Macrocyclization as a Source of Desired Polypharmacology. Discovery of Triple PI3K/mTOR/PIM Inhibitors

The PI3K/AKT/mTOR and PIM kinase pathways contribute to the development of several hallmarks of cancer. Cotargeting of these pathways has exhibited promising synergistic therapeutic effects in liquid and solid tumor types. To identify molecules with combined activities, we cross-screened our collection of PI3K/(+/- mTOR) macrocycles (MCXs) and identified the MCX thieno[3,2-d]pyrimidine derivative 2 as a moderate dual PI3K/PIM-1 inhibitor.

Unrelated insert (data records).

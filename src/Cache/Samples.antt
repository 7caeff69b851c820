-- ===== src/Cache/Samples.antt =====
-- A request, bodies and what is outside internal/cache, for its tests.
use smart_proxy.Base.{text_eq, true, Option, none, some, [], ◌∷◌, if◌then◌else◌, text_beq}
use smart_proxy.Base.Text.{Text, text}
use smart_proxy.Base.Dict.{Dict, lookup}
use smart_proxy.Cache.Http.{HttpRequest, CacheConfig, Outside, JsonCodec, failed, object}

-- two bodies that differ in the caller's reference
abbrev pub first_body : Text
first_body = text "{'Identifier':'1','ids':[7]}"

abbrev pub second_body : Text
second_body = text "{'Identifier':'2','ids':[7]}"

abbrev pub first_fields : Dict Text Text
first_fields = (text "Identifier", text "'1'") ∷ (text "ids", text "[7]") ∷ []

abbrev pub second_fields : Dict Text Text
second_fields = (text "Identifier", text "'2'") ∷ (text "ids", text "[7]") ∷ []

abbrev pub offer_body : Text
offer_body = text "[{}]"

abbrev pub encode_ids : Option Text → Text
encode_ids none = text "{}"
encode_ids (some ids) = ids

-- a codec that knows these bodies, and a batch of one element
abbrev pub json : JsonCodec
json = record {
  decode_object = λ v.
      if text_beq v first_body
      then object first_fields
      else if text_beq v second_body
      then object second_fields
      else failed;
  decode_array = λ v. some (text "{}" ∷ []);
  decode_offers = λ v. none;
  decode_fees = λ v. none;
  decode_summary = λ v. none;
  decode_foep = λ v. some (record { marketplace_id = text "M"; sku = text "S" });
  decode_status_code = λ v. some 200;
  decode_status = λ v. some (text "Success");
  encode_object = λ d. encode_ids (lookup (text "ids") d);
  encode_array = λ l. some (text "[1]");
  encode_raw = λ v. some v;
}

-- every request is answered with an empty object
abbrev pub outside : Outside
outside = record {
  next = λ h r. record { status_code = 200; headers = []; body = text "{}" };
  sha256_hex = λ t. t;
  parse_duration = λ t. none;
  parse_time = λ t. none;
  parse_query = λ t. none;
  json = json;
}

abbrev pub config : CacheConfig
config = record {
  enabled = true;
  max_memory = 1_000;
  default_ttl = [];
  max_client_ttl = [];
  exclude_pii = true;
}

abbrev pub listing : HttpRequest
listing = record {
  method = text "GET";
  path = text "/listings/2021-08-01/items/1/S";
  raw_query = [];
  body = some [];
  merchant_key = text "m";
  request_id = text "r1";
  no_cache = [];
  cache_key = [];
  cache_until = [];
  cache_ttl = [];
}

We report the medicinal chemistry exploration and biological characterization of a series of thieno[3,2-d]pyrimidine MCXs, which led to the discovery of IBL-302 (31), a potent, selective, and orally bioavailable triple PI3K/mTOR/PIM inhibitor. IBL-302, currently in late preclinical development (AUM302), has recently demonstrated efficacy in neuroblastoma and breast cancer xenografts. Additionally, during the course of our experiments, we observed that macrocyclization was essential to obtain the desired multitarget profile. As a matter of example, the open precursors 35-37 were inactive against PIM whereas MCX 28 displayed low nanomolar activity.

Automated summary

The PI3K/AKT/mTOR and PIM kinase pathways play critical roles in cancer development, and cotargeting these pathways has shown promising therapeutic effects. Through cross-screening of compounds, a dual PI3K/PIM-1 inhibitor was identified, leading to the discovery of a potent triple PI3K/mTOR/PIM inhibitor, IBL-302. This compound has demonstrated efficacy in neuroblastoma and breast cancer xenografts and macrocyclization was found to be essential for multitarget activity.